This is one of those lost songs from my radio childhood rediscovered in the mid- to late 90s, and what a song. Simon & Garfunkel reunited and not with just some tepid retread, but a fresh kind of song, despite and because of “dirty breezes” and “the dead and dying.” It’s one of my favorite Paul Simon lyrics and Art’s presence on the song adds that nostalgic return to their youth referred to in the song, plus the usual fibrous vocal punch.

There was a period of listening to S&G albums, with my masterpiece being Bookends. Their ability to see and depict age were incredible despite these being from their callow days. An amazing achievement for only five studio albums (only four that anyone’s heard of). One of the few things I’ve written mentioning a family member was a rewrite of one of their lyrics. A bit embarrassing, the product, but at the time it was satisfying, and I was in New York, so…
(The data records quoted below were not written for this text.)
-- ===== src/Subscriptions/Creation/Trials.antt =====
-- The trials of a customer, and what create does to them.
use paywall.Prelude.{
  ℕ, suc, ◌≡◌, refl, true, Option, none, some, [], ◌∷◌, ◌++◌, state_of, none, some, ◌==◌, arith,
  eq_refl, find_first, find_first-some, Member, err, ◌>>=◌, conflict, transaction,
}
use paywall.Dates.{Date, add_days}
use paywall.Subscriptions.Model.{Db, Subscription, Trial, running, Plan, Price, Customer}
use paywall.Subscriptions.Store.{get_price, fresh_id}
use paywall.Subscriptions.Creation.{
  CreateDto, same_trial, start_trial_row, item_row, new_row, trial_days_of, existing_or, earlier,
  get_customer, get_plan, in_organization, create_subscription, create_item, create_trial,
  insert_rows, create_rows, create_new, create,
}

-- A trial of the same customer and product makes `tx.trial.create` fail.
create_trial-taken :
    (t u : Trial) (db : Db)
    → Member u db.trials
    → u.customer_id ≡ t.customer_id
    → u.product_id ≡ t.product_id
    → create_trial t db ≡ err conflict db
unfolding create_trial
create_trial-taken t u db m c p =
    let (v, found) =
      find_first-some (same_trial t) db.trials u m
        (rw (c, p) (ground (arith, eq_refl t.customer_id, eq_refl t.product_id))) in
    rw (found, create_trial, ◌>>=◌)

module _ (now : Date) (user : ℕ) (ip : Option ℕ) (dto : CreateDto) (plan : Plan) (u : Trial)
    (days : ℕ) (same_customer : u.customer_id ≡ dto.customer_id)
    (same_product : u.product_id ≡ plan.product_id) where
  start_trial_row-taken :
      (id : ℕ) (db : Db)
      → Member u db.trials
      → start_trial_row now (some days) ip dto plan id db
        ≡ err conflict (record db { next_id = suc db.next_id })
  unfolding fresh_id
  start_trial_row-taken id db m =
      create_trial-taken
        (record {
          id = db.next_id;
          customer_id = dto.customer_id;
          product_id = plan.product_id;
          plan_id = dto.plan_id;
          subscription_id = some id;
          ends_at = add_days now days;
          status = running;
          converted_at = none;
          ip_address = ip;
        })
        u (record db { next_id = suc db.next_id }) m same_customer same_product

  insert_rows-taken :
      (item_id : ℕ) (row : Subscription) (db : Db)
      → Member u db.trials
      → insert_rows now user ip dto plan (some days) item_id row db
        ≡ err conflict (state_of (insert_rows now user ip dto plan (some days) item_id row db))
  unfolding insert_rows create_subscription create_item
  insert_rows-taken item_id row db m =
      rw
        (
          start_trial_row-taken row.id
              (record db {
                subscriptions = db.subscriptions ++ row ∷ [];
                items = db.items ++ item_row item_id row.id dto ∷ [];
              })
              m,
          ◌>>=◌,
        )
        refl

  create_rows-taken :
      (organization : ℕ) (price : Price) (db : Db)
      → trial_days_of dto plan ≡ some days
      → Member u db.trials
      → create_rows now organization user ip dto plan price db
        ≡ err conflict (state_of (create_rows now organization user ip dto plan price db))
  unfolding create_rows fresh_id
  create_rows-taken organization price db offered m = rw offered (
      insert_rows-taken (suc db.next_id)
        (new_row now db.next_id organization dto plan price (some days))
        (record db { next_id = suc (suc db.next_id) }) m)

-- A request to create a subscription with a trial, under no key that an event has, of a customer and
-- a plan of the organization whose product the customer has already tried, is a conflict and leaves
-- the database as it was: neither a subscription nor anything else of it stays.
pub create_second_trial :
    (now : Date) (organization user : ℕ) (ip : Option ℕ) (dto : CreateDto) (db : Db)
    (customer : Customer) (plan : Plan) (price : Price) (u : Trial) (days : ℕ)
    → earlier dto.idempotency_key db ≡ none
    → find_first (λ x. x.id == dto.customer_id) db.customers ≡ some customer
    → find_first (λ x. x.id == dto.plan_id) db.plans ≡ some plan
    → find_first (λ x. x.id == dto.price_id) db.prices ≡ some price
    → customer.organization_id ≡ organization
    → plan.product_organization_id ≡ organization
    → dto.start_trial ≡ true
    → plan.trial_eligible ≡ true
    → plan.trial_days ≡ some (suc days)
    → Member u db.trials
    → u.customer_id ≡ dto.customer_id
    → u.product_id ≡ plan.product_id
    → create now organization user ip dto db ≡ err conflict db
unfolding create create_new get_customer get_plan get_price
create_second_trial now organization user ip dto db customer plan price u days unused found_c
      found_p found_r owns owns' asks eligible offers m c p =
    let offered : trial_days_of dto plan ≡ some (suc days) =
      rw (asks, eligible, offers) (ground arith) in
    let taken =
      create_rows-taken now user ip dto plan u (suc days) c p organization price db offered m in
    let fits : in_organization organization customer plan ≡ true =
      rw (owns, owns') (ground (arith, eq_refl organization)) in
    rw (unused, create, existing_or, ◌>>=◌)
      (rw (found_c, create_new, get_customer, ◌>>=◌)
        (rw (found_p, get_plan, ◌>>=◌)
          (rw (found_r, get_price, ◌>>=◌) (rw (fits, ◌>>=◌) (rw (taken, transaction, ◌>>=◌))))))
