-- ===== src/Subscriptions/Redemption/Counts.antt =====
-- Redemptions and their counts.
use paywall.Prelude.{
  ℕ, suc, ◌+◌, ◌≤◌, ◌≡◌, refl, sym, ◌∙◌, ap, inl, inr, Bool, true, false, Option, none, some, List,
  [], ◌∷◌, ◌++◌, ◌==◌, ==_iff, arith, Bool-cases, find_first, find_first-true,
  find_first-update_inv, count_all, count_all-append, Outcome, ok, err, ok_injective, >>=-eq-ok,
  transaction-eq-ok, Request, ◌>>=◌, not_found, or_throw-then, transaction,
}
use paywall.Dates.{Date}
use paywall.Coupons.{
  Coupon, PromotionCode, SubscriptionCoupon, CouponDb, RedeemCouponDto, has_coupon_id,
}
use paywall.Coupons.Eligibility.{resolve_for_redemption}
use paywall.Coupons.Eligibility.Cases.{Redeemable, resolve-Redeemable}
use paywall.Coupons.Counting.{is_redemption_of, redemptions_of, Counted, Counted-same, rewrite_none}
use paywall.Subscriptions.Model.{
  Db, Subscription, SubscriptionEvent, SubscriptionEventType, Metadata, coupon, coupon_applied,
}
use paywall.Subscriptions.Store.{has_id, get_subscription, same_key, find_event, create_event}
use paywall.Subscriptions.Redemption.{
  with_coupons, promotion_id, new_redemption, insert_redemption, counted_once, count_coupon,
  count_promotion, coupon_event, redeem, redeemer_of, apply_coupon,
}

-- The coupons' tables after the writes of a redemption.
abbrev pub redeemed : ℕ → ℕ → Coupon → Option PromotionCode → CouponDb → CouponDb
redeemed id customer c p db =
    count_promotion p
      (count_coupon c (insert_redemption (new_redemption db.next_id id customer c p) db))

pub count_promotion_coupons :
    (p : Option PromotionCode) (db : CouponDb)
    → ((count_promotion p db).coupons ≡ db.coupons)
      × ((count_promotion p db).subscription_coupons ≡ db.subscription_coupons)
      × ((count_promotion p db).next_id ≡ db.next_id)
count_promotion_coupons none db = (refl, refl, refl)
count_promotion_coupons (some p) db = (refl, refl, refl)

abbrev pub one_if : Bool → ℕ
one_if true = 1
one_if false = 0

-- A redemption of a coupon of the table.
pub redeemed-Counted :
    (id customer : ℕ) (c : Coupon) (p : Option PromotionCode) (db : CouponDb)
    → find_first (has_coupon_id c.id) db.coupons ≡ some c
    → Counted db
    → Counted (redeemed id customer c p db)
unfolding redemptions_of count_all
redeemed-Counted id customer c p db found inv =
    let (e, e', e'') = count_promotion_coupons p counted in
    Counted-same counted (redeemed id customer c p db) e e' (omega arith) (record {
      counts = λ key d h.
          let (b, found', cases) =
            find_first-update_inv (has_coupon_id key) (has_coupon_id c.id) counted_once db.coupons
              (λ x. refl) h in
          let at = (==_iff b.id key).0 (find_first-true (has_coupon_id key) db.coupons found') in
          elim cases [
            | inl (hit, e₁) ↦
                ap (λ x. x.redemption_count) e₁
                ∙ omega (
                  arith,
                  inv.counts key b found',
                  added key,
                  here key ((==_iff b.id c.id).0 hit) at,
                )
            | inr (miss, e₁) ↦
                ap (λ x. x.redemption_count) e₁
                ∙ omega (arith, inv.counts key b found', added key, there key b at miss)
          ];
      fresh = λ key h. omega (arith, added key, inv.fresh key (omega arith), away key h);
      given = λ key h. rewrite_none c.id key _ db (λ x. refl) (inv.given key (omega arith));
    })
  where
    row : SubscriptionCoupon
    row = new_redemption db.next_id id customer c p

    counted : CouponDb
    counted = count_coupon c (insert_redemption row db)

    added :
        (key : ℕ)
        → count_all (is_redemption_of key) (db.subscription_coupons ++ row ∷ [])
          ≡ count_all (is_redemption_of key) db.subscription_coupons + one_if (c.id == key)
    added key =
        count_all-append (is_redemption_of key) db.subscription_coupons (row ∷ []) ∙ ground arith

    here : (key : ℕ) {k : ℕ} → k ≡ c.id → k ≡ key → one_if (c.id == key) ≡ 1
    here key e e' = ground arith

    there : (key : ℕ) (b : Coupon) → b.id ≡ key → (b.id == c.id) ≡ false → one_if (c.id == key) ≡ 0
    there key b e miss = ground arith

    away : (key : ℕ) → suc db.next_id ≤ key → one_if (c.id == key) ≡ 0
    away key h = elim (Bool-cases (c.id == key)) [
      | inl e ↦ cc (
        inv.given key (omega arith),
        ap (λ k. find_first (has_coupon_id k) db.coupons) ((==_iff c.id key).0 e),
        found,
      )
      | inr e ↦ rw e refl
    ]

no_key : (es : List SubscriptionEvent) → find_first (same_key none) es ≡ none
unfolding find_first
no_key [] = refl
no_key (e ∷ es) = no_key es

-- The event of a coupon has no key, so it is always written.
pub coupon_event_written :
    (id user : ℕ) (type : SubscriptionEventType) (what : Metadata) (db : Db)
    → create_event (coupon_event id user type what) db
      ≡ ok tt (record db { events = db.events ++ coupon_event id user type what ∷ [] })
unfolding create_event find_event
coupon_event_written id user type what db = rw (no_key db.events, create_event, ◌>>=◌) refl

-- The database after a redemption.
abbrev pub after_redeem : ℕ → ℕ → ℕ → Coupon → Option PromotionCode → Db → Db
after_redeem id user customer c p db = record db {
  coupon_db = redeemed id customer c p db.coupon_db;
  events = db.events ++ coupon_event id user coupon_applied (coupon c.id (promotion_id p)) ∷ [];
}

pub redeem_eq :
    (id user customer : ℕ) (c : Coupon) (p : Option PromotionCode) (db : Db)
    → redeem id user customer c p db
      ≡ ok
          (new_redemption db.coupon_db.next_id id customer c p)
          (after_redeem id user customer c p db)
unfolding redeem
redeem_eq id user customer c p db =
    rw
      (
        coupon_event_written id user coupon_applied (coupon c.id (promotion_id p))
            (record db { coupon_db = redeemed id customer c p db.coupon_db }),
        redeem,
        ◌>>=◌,
      )
      refl

pub with_coupons-eq-ok :
    {A : Type 0} (m : Request CouponDb A) (db db' : Db) (a : A)
    → with_coupons m db ≡ ok a db'
    → (c : CouponDb) × (m db.coupon_db ≡ ok a c) × (db' ≡ record db { coupon_db = c })
with_coupons-eq-ok {A} m db db' a h = go (m db.coupon_db) refl h
  where
    go :
        (o : Outcome CouponDb A)
        → m db.coupon_db ≡ o
        → elim o as (λ _. Outcome Db A) [
          | ok a c ↦ ok a (record db { coupon_db = c })
          | err e c ↦ err e (record db { coupon_db = c })
        ]
          ≡ ok a db'
        → (c : CouponDb) × (m db.coupon_db ≡ ok a c) × (db' ≡ record db { coupon_db = c })
    go (ok b c) e h' =
        let (same, same') = ok_injective h' in (c, e ∙ ap (λ x. ok x c) same, sym same')
    go (err x c) e h' = cc

-- `applyCoupon`, where it succeeds: it redeems, once, a coupon that can be redeemed.
pub apply_coupon_cases :
    (now : Date) (id user : ℕ) (dto : RedeemCouponDto) (db db' : Db) (row : SubscriptionCoupon)
    → apply_coupon now id user dto db ≡ ok row db'
    → (s : Subscription) × (c : Coupon) × (p : Option PromotionCode) × (find_first
          (has_id id)
          db.subscriptions
        ≡ some s)
      × Redeemable now s.organization_id (redeemer_of s) db.coupon_db c p
      × (row ≡ new_redemption db.coupon_db.next_id id s.customer_id c p)
      × (db' ≡ after_redeem id user s.customer_id c p db)
unfolding apply_coupon get_subscription
apply_coupon_cases now id user dto db db' row h =
    let (s, found, h₁) =
      or_throw-then (find_first (has_id id) db.subscriptions) not_found
        (λ s.
          with_coupons (resolve_for_redemption now s.organization_id dto (redeemer_of s)) >>= λ r.
          transaction (redeem id user s.customer_id r.0 r.1))
        db h in
    let ((c, p), d, resolved, h₂) =
      >>=-eq-ok (with_coupons (resolve_for_redemption now s.organization_id dto (redeemer_of s)))
        (λ r. transaction (redeem id user s.customer_id r.0 r.1)) db h₁ in
    let (cs, e₁, e₂) =
      with_coupons-eq-ok (resolve_for_redemption now s.organization_id dto (redeemer_of s)) db d
        (c, p) resolved in
    let (kept, can) =
      resolve-Redeemable now s.organization_id dto (redeemer_of s) db.coupon_db cs c p e₁ in
    let back : d ≡ db = e₂ ∙ ap (λ x. record db { coupon_db = x }) kept in
    let done = transaction-eq-ok (redeem id user s.customer_id c p) d h₂ in
    let (e₃, e₄) = ok_injective (
      sym (redeem_eq id user s.customer_id c p db)
      ∙ ap (redeem id user s.customer_id c p) (sym back)
      ∙ done) in
    (s, c, p, found, can, sym e₃, sym e₄)
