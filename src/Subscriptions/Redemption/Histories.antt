-- ===== src/Subscriptions/Redemption/Histories.antt =====
-- Sequences of requests to the services of coupons and promotion codes, and of redemptions.
use paywall.Prelude.{
  ℕ, ◌⊎◌, inl, inr, Bool-cases, Option-cases, ◌≡◌, refl, sym, ◌∙◌, ap, List, [], ◌∷◌, ◌==◌, ◌&&◌,
  not, is_some, find_first, count_all-update_same, arith, Outcome, ok, err, Request, state_of,
  Within, Clean, Clean->>=, Clean-transaction, not_found, Within-or_throw,
}
use mathlib.Core.Path.{subst}
use paywall.Dates.{Date}
use paywall.Coupons.{SubscriptionCoupon, CouponDb, RedeemCouponDto}
use paywall.Coupons.Eligibility.{resolve_for_redemption}
use paywall.Coupons.Eligibility.Reads.{Same, resolve_for_redemption-Same}
use paywall.Coupons.Counting.{
  is_redemption_of, redemptions_of, Counted, CouponRequest, serve_coupon, serve_coupon-Counted,
}
use paywall.Subscriptions.Model.{Db}
use paywall.Subscriptions.Store.{has_id, get_subscription, create_event}
use paywall.Subscriptions.Redemption.{
  on_coupons, with_coupons, redeem, redeemer_of, apply_coupon, is_redemption, end_redemption,
  remove_coupon,
}
use paywall.Subscriptions.Redemption.Counts.{redeemed-Counted, apply_coupon_cases}

abbrev Unchanged : Db → Db → Type 0
Unchanged db db' = db' ≡ db

with_coupons-Unchanged :
    {A : Type 0} (m : Request CouponDb A) → Within Same m → Within Unchanged (with_coupons m)
with_coupons-Unchanged {A} m h = record {
  holds = λ db. go db (m db.coupon_db) (h.holds db.coupon_db);
}
  where
    go :
        (db : Db) (o : Outcome CouponDb A)
        → state_of o ≡ db.coupon_db
        → state_of (elim o as (λ _. Outcome Db A) [
          | ok a c ↦ ok a (record db { coupon_db = c })
          | err e c ↦ err e (record db { coupon_db = c })
        ])
          ≡ db
    go db (ok a c) e = ap (λ x. record db { coupon_db = x }) e
    go db (err x c) e = ap (λ x. record db { coupon_db = x }) e

get_subscription-Unchanged : (id : ℕ) → Within Unchanged (get_subscription id)
unfolding get_subscription
get_subscription-Unchanged id = record {
  holds = λ db.
      (Within-or_throw Unchanged (λ x. refl) (λ a b c e e'. e' ∙ e)
          (find_first (has_id id) db.subscriptions) not_found).holds
        db;
}

-- A redemption that throws has changed nothing.
apply_coupon-Clean :
    (now : Date) (id user : ℕ) (dto : RedeemCouponDto) → Clean (apply_coupon now id user dto)
unfolding apply_coupon
apply_coupon-Clean now id user dto = Clean->>= _ _ (get_subscription-Unchanged id) λ s.
    Clean->>= _ _
      (with_coupons-Unchanged (resolve_for_redemption now s.organization_id dto (redeemer_of s))
        (resolve_for_redemption-Same now s.organization_id dto (redeemer_of s)))
      λ r. Clean-transaction (redeem id user s.customer_id r.0 r.1)

apply_coupon-Counted :
    (now : Date) (id user : ℕ) (dto : RedeemCouponDto) (db : Db)
    → Counted db.coupon_db
    → Counted (state_of (apply_coupon now id user dto db)).coupon_db
apply_coupon-Counted now id user dto db inv = go (apply_coupon now id user dto db) refl
  where
    go :
        (o : Outcome Db SubscriptionCoupon)
        → apply_coupon now id user dto db ≡ o
        → Counted (state_of o).coupon_db
    go (ok row db') h =
        let (s, c, p, _, can, _, e) = apply_coupon_cases now id user dto db db' row h in
        subst (λ d. Counted d.coupon_db) (sym e)
          (redeemed-Counted id s.customer_id c p db.coupon_db can.found inv)
    go (err x db') h =
        subst (λ d. Counted d.coupon_db)
          (sym ((apply_coupon-Clean now id user dto).undone db x db' h)) inv

-- A redemption that is removed still counts.
end_redemption-Counted :
    (key : ℕ) (now : Date) (db : CouponDb) → Counted db → Counted (end_redemption key now db)
unfolding redemptions_of
end_redemption-Counted key now db inv = record {
  counts = λ k c found. inv.counts k c found ∙ sym (same k);
  fresh = λ k h. same k ∙ inv.fresh k h;
  given = inv.given;
}
  where
    same : (k : ℕ) → redemptions_of k (end_redemption key now db) ≡ redemptions_of k db
    same k =
        count_all-update_same (is_redemption_of k) (is_redemption key) _ db.subscription_coupons
          (λ x h. refl)

remove_coupon-tables :
    (now : Date) (id key user : ℕ) (db : Db)
    → ((state_of (remove_coupon now id key user db)).coupon_db ≡ db.coupon_db)
      ⊎ ((state_of (remove_coupon now id key user db)).coupon_db
          ≡ end_redemption key now db.coupon_db)
unfolding remove_coupon create_event
remove_coupon-tables now id key user db =
    elim (Option-cases (find_first (is_redemption key) db.coupon_db.subscription_coupons)) [
      | inl missing ↦ inl (ground arith)
      | inr (r, found) ↦ elim (Bool-cases (r.subscription_id == id && not (is_some r.removed_at))) [
        | inl here ↦ inr (ground arith)
        | inr other ↦ inl (ground arith)
      ]
    ]

remove_coupon-Counted :
    (now : Date) (id key user : ℕ) (db : Db)
    → Counted db.coupon_db
    → Counted (state_of (remove_coupon now id key user db)).coupon_db
remove_coupon-Counted now id key user db inv = elim (remove_coupon-tables now id key user db) [
  | inl e ↦ subst Counted (sym e) inv
  | inr e ↦ subst Counted (sym e) (end_redemption-Counted key now db.coupon_db inv)
]

-- A request that concerns coupons, with its time and its user.
pub data Redeems : Type 0 where
  serves : CouponRequest → Redeems
  applies : Date → ℕ → ℕ → RedeemCouponDto → Redeems
  removes : Date → ℕ → ℕ → ℕ → Redeems

unfoldable pub redeem_all : List Redeems → Db → Db
redeem_all [] db = db
redeem_all (serves q ∷ qs) db = redeem_all qs (on_coupons (serve_coupon q) db)
redeem_all (applies now id user dto ∷ qs) db =
    redeem_all qs (state_of (apply_coupon now id user dto db))
redeem_all (removes now id key user ∷ qs) db =
    redeem_all qs (state_of (remove_coupon now id key user db))

-- Through any sequence of requests to the services of coupons and promotion codes and of redemptions
-- and their removals, whichever of them throw, every coupon's count of redemptions is the number of
-- rows that record its redemptions, removed ones included.
pub redeem_all-Counted :
    (qs : List Redeems) (db : Db) → Counted db.coupon_db → Counted (redeem_all qs db).coupon_db
unfolding redeem_all
redeem_all-Counted [] db inv = inv
redeem_all-Counted (serves q ∷ qs) db inv =
    redeem_all-Counted qs (on_coupons (serve_coupon q) db) (serve_coupon-Counted q db.coupon_db inv)
redeem_all-Counted (applies now id user dto ∷ qs) db inv =
    redeem_all-Counted qs (state_of (apply_coupon now id user dto db))
      (apply_coupon-Counted now id user dto db inv)
redeem_all-Counted (removes now id key user ∷ qs) db inv =
    redeem_all-Counted qs (state_of (remove_coupon now id key user db))
      (remove_coupon-Counted now id key user db inv)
As for the sentiment on the Post-it, I didn’t have an intense feeling toward my hometown and its people and trappings expressed in this song, although there is always an ambivalence, especially for someone like me who has steadily spent so much time there long after high school graduation.

It was more just an eagerness to break out and do my thing at odds with my job when I scribbled this down. If I’d known then what I know now, I might have scrapped this Post-it rather than the job, but c’est la vie, guerre, &c.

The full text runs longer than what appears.